### Available data

-- ===== src/Application/Orders/Created.antt =====
-- What CreateOrderWithTasks stores: the order, and a row for each drafted task.
use kitchen_ops.Base.{
  suc, ℕ, ◌+◌, ◌≤◌, ◌<◌, All, ◌≡◌, refl, sym, ap, ◌∙◌, false, List, [], ◌∷◌, ◌++◌, append-nil,
  append_assoc, Bytes, length, arith,
}
use kitchen_ops.Models.{Database, TaskStatus, OrderStatus, OrderModel, TaskModel}
use kitchen_ops.Runtime.{Services, Kitchen, next_call}
use kitchen_ops.Runtime.Either.{
  OnEither, HasFailed, on_tx-OnEither, bind-OnEither, transaction-OnEither,
}
use kitchen_ops.Repository.Orders.{
  create_order, create_task, create_tasks, create_dependencies, create_order_with_tasks,
}

abbrev pub new_order : ℕ → Bytes → ℕ → OrderModel
new_order id name created_at = record {
  id = id;
  external_order_id = name;
  status = OrderStatus.confirmed;
  created_at = created_at;
}

module _ {F : Type 0} where
  -- The row that a drafted task gets as a task of an order.
  abbrev pub stored_row : ℕ → ℕ → ℕ → TaskModel F → TaskModel F
  stored_row order_id id created_at draft = record draft {
    id = id;
    order_id = order_id;
    status = TaskStatus.unassigned;
    created_at = created_at;
  }

  -- The rows of drafted tasks in turn, whose ids follow a given one.
  abbrev pub AreStored : ℕ → ℕ → List (TaskModel F) → List (TaskModel F) → Type 0
  AreStored order_id last [] [] = Unit
  AreStored order_id last [] (row ∷ rows) = ⊥
  AreStored order_id last (draft ∷ drafts) [] = ⊥
  AreStored order_id last (draft ∷ drafts) (row ∷ rows) =
      ((created_at : ℕ) × (row ≡ stored_row order_id (last + 1) created_at draft))
      × AreStored order_id (last + 1) drafts rows

  abbrev pub with_tasks : Database F → List (TaskModel F) → Database F
  with_tasks db rows = record db { tasks = db.tasks ++ rows }

  abbrev pub with_order : Database F → OrderModel → Database F
  with_order db order = record db { orders = db.orders ++ order ∷ [] }

module _ {F Q : Type 0} where
  -- From s to t, rows for the drafts have been appended.
  pub record TasksCreated (order_id : ℕ) (drafts : List (TaskModel F)) (s : Kitchen F Q)
      (rows : List (TaskModel F)) (t : Kitchen F Q) : Type 0 where
    pub live : t.aborted ≡ false
    pub stored : AreStored order_id s.task_seq drafts rows
    pub same_db : t.db ≡ with_tasks s.db rows
    pub same_queue : t.queue ≡ s.queue
    pub same_orders : t.order_seq ≡ s.order_seq
    pub drawn : t.task_seq ≡ s.task_seq + length drafts

module _ {F Q : Type 0} (w : Services F Q) (slack : ℕ) where
  create_tasks-TasksCreated :
      (order_id : ℕ) (drafts : List (TaskModel F)) (s : Kitchen F Q)
      → s.aborted ≡ false
      → OnEither
          (HasFailed w slack)
          (TasksCreated order_id drafts s)
          (create_tasks w order_id drafts s)
  unfolding create_tasks create_task
  create_tasks-TasksCreated order_id [] s live = record {
    live = live;
    stored = tt;
    same_db = ap (λ tasks. record (s.db) { tasks = tasks }) (sym (append-nil s.db.tasks));
    same_queue = refl;
    same_orders = refl;
    drawn = omega arith;
  }
  create_tasks-TasksCreated order_id (draft ∷ drafts) s live =
      on_tx-OnEither w slack (TasksCreated order_id (draft ∷ drafts) s) _ _ s live (
        bind-OnEither (HasFailed w slack) (TasksCreated order_id drafts _) _ _ _
          (create_tasks-TasksCreated order_id drafts _ live)
          (λ rows t h. record {
            live = h.live;
            stored = ((_, refl), h.stored);
            same_db =
                h.same_db
                ∙ ap (λ tasks. record (s.db) { tasks = tasks }) (append_assoc s.db.tasks _ rows);
            same_queue = h.same_queue;
            same_orders = h.same_orders;
            drawn = omega (arith, h.drawn);
          }))

module _ {F Q : Type 0} where
  -- From s to t, an order has been stored with rows for the drafts.
  pub record OrderCreated (name : Bytes) (drafts : List (TaskModel F)) (s : Kitchen F Q)
      (placed : OrderModel × List (TaskModel F)) (t : Kitchen F Q) : Type 0 where
    pub order : (created_at : ℕ) × (placed.0 ≡ new_order (s.order_seq + 1) name created_at)
    pub stored : AreStored (s.order_seq + 1) s.task_seq drafts placed.1
    pub same_db : t.db ≡ with_tasks (with_order s.db placed.0) placed.1
    pub same_queue : t.queue ≡ s.queue
    pub order_drawn : t.order_seq ≡ s.order_seq + 1
    pub tasks_drawn : t.task_seq ≡ s.task_seq + length drafts

module _ {F Q : Type 0} (w : Services F Q) (slack : ℕ) where
  pub create_order_with_tasks-OrderCreated :
      (name : Bytes) (drafts : List (TaskModel F)) (s : Kitchen F Q)
      → OnEither
          (HasFailed w (suc slack))
          (OrderCreated name drafts s)
          (create_order_with_tasks w name drafts [] s)
  unfolding create_order_with_tasks create_order create_dependencies
  create_order_with_tasks-OrderCreated name drafts s =
      transaction-OnEither w slack (OrderCreated name drafts s) _ s (
        on_tx-OnEither w slack
          (λ p t. (t.aborted ≡ false) × OrderCreated name drafts s p (next_call t)) _ _ _ refl
          (bind-OnEither (HasFailed w slack) (TasksCreated (s.order_seq + 1) drafts _)
            (λ p t. (t.aborted ≡ false) × OrderCreated name drafts s p (next_call t)) _ _
            (create_tasks-TasksCreated w slack (s.order_seq + 1) drafts _ refl)
            (λ rows t h. (
              h.live,
              record {
                order = (_, refl);
                stored = h.stored;
                same_db = h.same_db;
                same_queue = h.same_queue;
                order_drawn = h.same_orders;
                tasks_drawn = h.drawn;
              },
            ))))

module _ {F : Type 0} where
  -- A row of a new order, whose id follows those below it.
  abbrev pub IsNew : ℕ → ℕ → TaskModel F → Type 0
  IsNew order_id last t =
      (last < t.id)
      × (t.order_id ≡ order_id)
      × (t.status ≡ TaskStatus.unassigned)
      × (t.pending_deps ≡ 0)

  pub AreStored-IsNew :
      (order_id last below : ℕ) (drafts rows : List (TaskModel F))
      → below ≤ last
      → All (λ d. d.pending_deps ≡ 0) drafts
      → AreStored order_id last drafts rows
      → All (IsNew order_id below) rows
  AreStored-IsNew order_id last below [] [] l free h = tt
  AreStored-IsNew order_id last below [] (row ∷ rows) l free h = absurd h
  AreStored-IsNew order_id last below (draft ∷ drafts) [] l free h = absurd h
  AreStored-IsNew order_id last below (draft ∷ drafts) (row ∷ rows) l free ((created_at, e), h) = (
    rw e (omega arith, refl, refl, free.0),
    AreStored-IsNew order_id (last + 1) below drafts rows (omega arith) free.1 h,
  )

### What you need to do
Retype exactly the lines of the data above, starting at its first line and finishing with the line that has "abbrev pub with_tasks" in it.

### Exercise answer
-- ===== src/Application/Orders/Created.antt =====
-- What CreateOrderWithTasks stores: the order, and a row for each drafted task.
use kitchen_ops.Base.{
  suc, ℕ, ◌+◌, ◌≤◌, ◌<◌, All, ◌≡◌, refl, sym, ap, ◌∙◌, false, List, [], ◌∷◌, ◌++◌, append-nil,
  append_assoc, Bytes, length, arith,
}
use kitchen_ops.Models.{Database, TaskStatus, OrderStatus, OrderModel, TaskModel}
use kitchen_ops.Runtime.{Services, Kitchen, next_call}
use kitchen_ops.Runtime.Either.{
  OnEither, HasFailed, on_tx-OnEither, bind-OnEither, transaction-OnEither,
}
use kitchen_ops.Repository.Orders.{
  create_order, create_task, create_tasks, create_dependencies, create_order_with_tasks,
}

abbrev pub new_order : ℕ → Bytes → ℕ → OrderModel
new_order id name created_at = record {
  id = id;
  external_order_id = name;
  status = OrderStatus.confirmed;
  created_at = created_at;
}

module _ {F : Type 0} where
  -- The row that a drafted task gets as a task of an order.
  abbrev pub stored_row : ℕ → ℕ → ℕ → TaskModel F → TaskModel F
  stored_row order_id id created_at draft = record draft {
    id = id;
    order_id = order_id;
    status = TaskStatus.unassigned;
    created_at = created_at;
  }

  -- The rows of drafted tasks in turn, whose ids follow a given one.
  abbrev pub AreStored : ℕ → ℕ → List (TaskModel F) → List (TaskModel F) → Type 0
  AreStored order_id last [] [] = Unit
  AreStored order_id last [] (row ∷ rows) = ⊥
  AreStored order_id last (draft ∷ drafts) [] = ⊥
  AreStored order_id last (draft ∷ drafts) (row ∷ rows) =
      ((created_at : ℕ) × (row ≡ stored_row order_id (last + 1) created_at draft))
      × AreStored order_id (last + 1) drafts rows

  abbrev pub with_tasks : Database F → List (TaskModel F) → Database F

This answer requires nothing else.